Assessing AI fairness in finance

Lachlan McCalman
Feb 1 · 11 min read

Gradient Institute’s collaborative work to develop a practical fairness assessment for AI systems in finance. Get the methodology and accompanying case studies from this link.

Artificial intelligence (AI) systems are becoming ubiquitous in all kinds of decision-making, impacting many aspects of our lives and perhaps even altering the nature of our society. Belatedly, we have recognised that this change is not always for good: AI systems have demonstrated again and again that they can cause significant and avoidable harm when poorly designed. AI systems unfairly discriminating against individuals by their race, gender, or other attributes is a particularly common and disheartening example of this harm. Preventing incidents like these and helping AI live up to its promise of better and fairer decision-making is a tremendous technical and social challenge.

One of the key design mistakes behind harmful AI systems in use today is an absence of explicit and precise ethical objectives or constraints. Unlike humans, AI systems cannot apply even a basic level of moral awareness to their decision-making by default.. Only by encoding mathematically precise statements of our ethical standards into our designs can we expect AI systems to meet those standards.

Technical work to develop such ethical encodings is burgeoning, with much of the focus on the fairness of AI systems in particular. This work typically involves developing mathematically precise measures of fairness suitable for designing into AI systems. Fairness measures use the system’s data, predictions and decisions to characterise its fairness according to a specific definition (for example, by comparing the error rates of the system’s predictions between men and women). There now exists a panoply of fairness measures, each corresponding to a different notion of fairness and potentially applicable in different contexts.

Parallel to the work of encoding ethical objectives mathematically is a broader social effort to develop principles and guidelines for ethical AI. These aim to help the designers, maintainers, and overseers of AI systems recognise and ameliorate ethical risks. Governments, corporations and other organisations have released hundreds of such frameworks in the last few years, many with common themes like the importance of explanations of an AI system’s decisions, the need to provide mechanisms for redress when errors occur, and the need to understand and minimise avoidable harms caused by the system.

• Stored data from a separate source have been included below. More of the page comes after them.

-- ===== src/Runtime/Daily.antt =====
-- The daily jobs of runtime.py: the nightly scan, the close, and the planning before the market opens.
use squeeze_hunter.Prelude.{
  ◌+◌, ◌/◌, Bool, true, false, not, ◌&&◌, Option, none, some, List, [], ◌∷◌, ◌++◌, ok,
  if◌then◌else◌, contains, get_or,
}
use squeeze_hunter.Prelude.Dict.{Dict, lookup, insert}
use squeeze_hunter.Prelude.Floats.{Floats}
use squeeze_hunter.Broker.{Time}
use squeeze_hunter.Calendar.{is_trading_day}
use squeeze_hunter.Ingest.{Dataset, dataset_age_days}
use squeeze_hunter.Risk.Killswitch.{day}
use squeeze_hunter.Risk.Killswitch.Controller.{reset}
use squeeze_hunter.Execution.Book.{Book}
use squeeze_hunter.Execution.Proposals.{EntryDecision, Candidate}
use squeeze_hunter.Execution.Entries.Plan.{plan}
use squeeze_hunter.Runtime.{
  RuntimeContext, Job, ◌>>=◌, ◌>>◌, return, get, modify, call, safely, on_entries,
}
use squeeze_hunter.Runtime.Services.{Services, RuntimeCfg, Problem, Alert, Occasion}
use squeeze_hunter.Runtime.Persist.{persist, notify}
use squeeze_hunter.Runtime.Tick.{is_empty, gauges_of, with_gauges, reconcile_with_broker}

module _ {F : Type 0} where
  -- `ranked.set_index("ticker")["score"].to_dict()`
  abbrev pub scores_from : Dict F → List (Candidate F) → Dict F
  scores_from scores [] = scores
  scores_from scores (c ∷ cs) = scores_from (insert c.ticker c.score scores) cs

  -- The held positions that were ranked get their score of today.
  abbrev pub rescore : Dict F → Book F → Book F
  rescore scores [] = []
  rescore scores ((t, meta) ∷ book) =
      (t, record meta { current_score = get_or (lookup t scores) meta.current_score })
      ∷ rescore scores book

  -- Every position has been held one bar longer.
  abbrev pub count_bars : Book F → Book F
  count_bars [] = []
  count_bars ((t, meta) ∷ book) =
      (t, record meta { bars_held = meta.bars_held + 1 }) ∷ count_bars book

  abbrev pub with_book : Book F → RuntimeContext F → RuntimeContext F
  with_book book s = record s { lifecycle = record s.lifecycle { positions = book } }

module _ {F Stamp W : Type 0} ⦃f : Floats F⦄ (svc : Services F Stamp W) where
  -- The end of `nightly_scan`.
  abbrev pub publish : List (Candidate F) → Job F W (Unit {0})
  publish ranked = do
    modify λ s. record s { last_candidates = some (if s.killswitch.active then [] else ranked) }
    modify λ s. with_book (rescore (scores_from [] ranked) s.lifecycle.positions) s
    persist svc

module _ {F Stamp W : Type 0} ⦃f : Floats F⦄ (svc : Services F Stamp W) (cfg : RuntimeCfg F) where
  -- What is wrong with the age of one data set, if anything.
  abbrev pub problem_of : Dataset → F → Option F → List (Problem F)
  problem_of dataset budget none = Problem.never_ingested dataset budget ∷ []
  problem_of dataset budget (some age) =
      if f.lt budget age then Problem.too_old dataset age budget ∷ [] else []

  -- The stamps are read again for each data set.
  abbrev pub problems_of : Time → Bool → Dict F → List (Problem F) → Job F W (List (Problem F))
  problems_of now critical_only [] found s w = (ok found, s, w)
  problems_of now critical_only ((dataset, budget) ∷ budgets) found s w =
      if critical_only && not (contains dataset cfg.critical_datasets)
      then problems_of now critical_only budgets found s w
      else (let (stamps, w') = svc.read_freshness w in
          let age = dataset_age_days svc.datetimes stamps dataset now in
          problems_of now critical_only budgets (found ++ problem_of dataset budget age) s w')

  -- `_data_freshness_problems`
  unfoldable pub data_freshness_problems : Time → Bool → Job F W (List (Problem F))
  data_freshness_problems now critical_only = problems_of now critical_only cfg.budgets []

  -- `nightly_scan`: while the killswitch is active no candidate is given out, but the positions that
  -- are held are scored. The problems with the data are logged.
  unfoldable pub nightly_scan : Time → Job F W (Unit {0})
  nightly_scan now = do
    _ ← data_freshness_problems now false
    ranked ← call (svc.run_scan now)
    publish svc ranked

  unfoldable pub nightly_scan_safe : Time → Job F W Bool
  nightly_scan_safe now = safely (nightly_scan now)

  -- `eod_close`: nothing on a day without trading.
  unfoldable pub eod_close : Time → Job F W (Unit {0})
  eod_close now =
      if not (is_trading_day svc.holidays (svc.zone.wall now / day)) then return tt else do
        reconcile_with_broker svc true Occasion.eod
        modify λ s. with_book (count_bars s.lifecycle.positions) s
        persist svc

  unfoldable pub eod_close_safe : Time → Job F W Bool
  eod_close_safe now = safely (eod_close now)

  -- The candidates of last night, sized and planned.
  abbrev pub plan_entries : Time → Job F W (List (EntryDecision F))
  plan_entries now = do
    candidates ← get λ s. get_or s.last_candidates []
    active ← get λ s. s.killswitch.active
    on_entries (
        plan svc.broker cfg.execution cfg.entry svc.gate_context svc.append_decisions now candidates
          active)

  -- What follows the check of the data.
  abbrev pub plan_unless_stale : Time → List (Problem F) → Job F W (Unit {0})
  plan_unless_stale now problems =
      if not (is_empty problems) && cfg.require_fresh_for_entries
      then (notify svc (Alert.entries_refused problems) >> persist svc)
      else (plan_entries now >>= λ decisions. persist svc)

  abbrev pub plan_if_fresh : Time → Job F W (Unit {0})
  plan_if_fresh now =
      if not cfg.auto_enter
      then return tt
      else (data_freshness_problems now true >>= λ problems. plan_unless_stale now problems)

  -- `premarket_verify`: the earlier plan is dropped first.
  unfoldable pub premarket_verify : Time → Job F W (Unit {0})
  premarket_verify now = do modify λ s. record s { planned = [] }; plan_if_fresh now

  unfoldable pub premarket_verify_safe : Time → Job F W Bool
  premarket_verify_safe now = safely (premarket_verify now)

module _ {F W : Type 0} where
  -- `reset_killswitch`, by hand.
  unfoldable pub reset_killswitch : Job F W (Unit {0})
  reset_killswitch = modify λ s.
      let (c, g) = reset s.killswitch (gauges_of s.metrics) in
      record s { killswitch = c; metrics = with_gauges g s.metrics }
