-- ===== src/Runtime/Rules.antt =====
-- Rules for the jobs of runtime.py: what every way out of a job keeps, and what holds if it returns.
use squeeze_hunter.Prelude.{
  ◌≡◌, ap, inl, inr, Bool, true, false, Outcome, ok, raised, IfOk, Bool-cases, Outcome-cases,
  if◌then◌else◌,
}
use squeeze_hunter.Execution.Lifecycle.{is_transient}
use squeeze_hunter.Runtime.{RuntimeContext, Job, ◌>>=◌, when, or_transient}

module _ {F W : Type 0} where
  -- The job keeps a property, also when it raises.
  abbrev pub Keeps : {A : Type 0} → (RuntimeContext F → W → Type 0) → Job F W A → Type 0
  Keeps P m = (s : RuntimeContext F) (w : W) → P s w → P (m s w).1 (m s w).2

  -- From one property, if the job returns, the other holds.
  abbrev pub Gives :
      {A : Type 0}
      → (RuntimeContext F → W → Type 0)
      → Job F W A
      → (A → RuntimeContext F → W → Type 0)
      → Type 0
  Gives P m Q =
      (s : RuntimeContext F) (w : W) → P s w → IfOk (λ a. Q a (m s w).1 (m s w).2) (m s w).0

  pub >>=-run :
      {A B : Type 0} (m : Job F W A) (g : A → Job F W B) (s : RuntimeContext F) (w : W) {a : A}
      {t : RuntimeContext F} {v : W}
      → m s w ≡ (ok a, t, v)
      → (m >>= g) s w ≡ g a t v
  >>=-run {A} {B} m g s w e =
      ap
        (λ (x : Outcome A × RuntimeContext F × W).
          let y : Outcome B × RuntimeContext F × W = elim x.0 [
            | ok a ↦ g a x.1 x.2
            | raised e ↦ (raised e, x.1, x.2)
          ] in
          y)
        e

  pub >>=-Keeps :
      {A B : Type 0} (P : RuntimeContext F → W → Type 0) (m : Job F W A) (g : A → Job F W B)
      → Keeps P m
      → ((a : A) → Keeps P (g a))
      → Keeps P (m >>= g)
  >>=-Keeps P m g first next s w h = elim (Outcome-cases (m s w).0) [
    | inl (a, e) ↦ rw (◌>>=◌, e) (next a (m s w).1 (m s w).2 (first s w h))
    | inr (x, e) ↦ rw (◌>>=◌, e) (first s w h)
  ]

  -- A first stage that turns one property into another, which the rest keeps.
  pub >>=-then-Keeps :
      {A B : Type 0} (P Q : RuntimeContext F → W → Type 0) (m : Job F W A) (g : A → Job F W B)
      → ((s : RuntimeContext F) (w : W) → P s w → Q (m s w).1 (m s w).2)
      → ((a : A) → Keeps Q (g a))
      → (s : RuntimeContext F) (w : W) → P s w
      → Q ((m >>= g) s w).1 ((m >>= g) s w).2
  >>=-then-Keeps P Q m g first next s w h = elim (Outcome-cases (m s w).0) [
    | inl (a, e) ↦ rw (◌>>=◌, e) (next a (m s w).1 (m s w).2 (first s w h))
    | inr (x, e) ↦ rw (◌>>=◌, e) (first s w h)
  ]

  pub or_transient-Keeps :
      {A : Type 0} (P : RuntimeContext F → W → Type 0) (m : Job F W A) (fallback : A)
      → Keeps P m
      → Keeps P (or_transient m fallback)
  or_transient-Keeps P m fallback first s w h = elim (Outcome-cases (m s w).0) [
    | inl (a, e) ↦ rw (or_transient, e) (first s w h)
    | inr (x, e) ↦ elim (Bool-cases (is_transient x)) [
      | inl c ↦ rw (or_transient, e, c) (first s w h)
      | inr c ↦ rw (or_transient, e, c) (first s w h)
    ]
  ]

  pub when-Keeps :
      (P : RuntimeContext F → W → Type 0) (test : Bool) (m : Job F W (Unit {0}))
      → Keeps P m
      → Keeps P (when test m)
  when-Keeps P true m first s w h = first s w h
  when-Keeps P false m first s w h = h

  pub if-Keeps :
      {A : Type 0} (P : RuntimeContext F → W → Type 0) (test : RuntimeContext F → Bool)
      (m k : Job F W A)
      → Keeps P m
      → Keeps P k
      → Keeps P (λ s w. if test s then m s w else k s w)
  if-Keeps P test m k first second s w h = elim (Bool-cases (test s)) [
    | inl c ↦ rw c (first s w h)
    | inr c ↦ rw c (second s w h)
  ]

  pub >>=-Gives :
      {A B : Type 0} (P : RuntimeContext F → W → Type 0) (m : Job F W A) (g : A → Job F W B)
      (Q : A → RuntimeContext F → W → Type 0) (R : B → RuntimeContext F → W → Type 0)
      → Gives P m Q
      → ((a : A) → Gives (Q a) (g a) R)
      → Gives P (m >>= g) R
  >>=-Gives P m g Q R first next s w h =
      let reached = first s w h in
      elim (Outcome-cases (m s w).0) [
        | inl (a, e) ↦ rw (◌>>=◌, e) (next a (m s w).1 (m s w).2 (rw e at reached))
        | inr (x, e) ↦ rw (◌>>=◌, e) tt
      ]

  -- What is kept on every way out is there if the job returns.
  pub Keeps-Gives :
      {A : Type 0} (P : RuntimeContext F → W → Type 0) (m : Job F W A)
      → Keeps P m
      → Gives P m (λ a. P)
  Keeps-Gives P m first s w h = elim (Outcome-cases (m s w).0) [
    | inl (a, e) ↦ rw e (first s w h)
    | inr (x, e) ↦ rw e tt
  ]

However, a gap remains between the technical efforts and the broader design principles. Designers building AI systems have access to principles on the one hand, and mathematical tools on the other, but little guidance about how to integrate these two resources and build a system that utilises them in consequential settings.

Gradient Institute recently completed a milestone in the ongoing work with the above organisations and the Singaporean Finance industry that begins to close this gap. The output of milestone was a methodology for banks to assess the fairness of their existing AI systems and design fairer AI systems in the future.

The FEAT Principles

One of the early adopters of AI technology outside tech firms has been finance. Banks, for example, increasingly rely on AI systems for determining loan and credit card approvals, for conducting marketing, and for detecting fraudulent behaviour. Such decisions also carry significant risk to both customers and the banks themselves.

To begin addressing the ethical risks of AI decision-making in finance and in doing so encourage AI adoption, the Monetary Authority of Singapore (MAS) released principles for responsible AI in the finance industry. These “FEAT Principles” (Fairness, Ethics, Accountability, Transparency) were developed in partnership with Singaporean and international financial institutions and AI experts, and describe aspirational ethical properties that an AI system would have. The four FEAT Fairness principles, for example, require that for AI and Data Analytics Systems (AIDA):

  1. Individuals or groups of individuals are not systematically disadvantaged through AIDA-driven decisions, unless these decisions can be justified.
  2. Use of personal attributes as input factors for AIDA-driven decisions is justified.
  3. Data and models used for AIDA-driven decisions are regularly reviewed and validated for accuracy and relevance, and to minimise unintentional bias.
  4. AIDA-driven decisions are regularly reviewed so that models behave as designed and intended.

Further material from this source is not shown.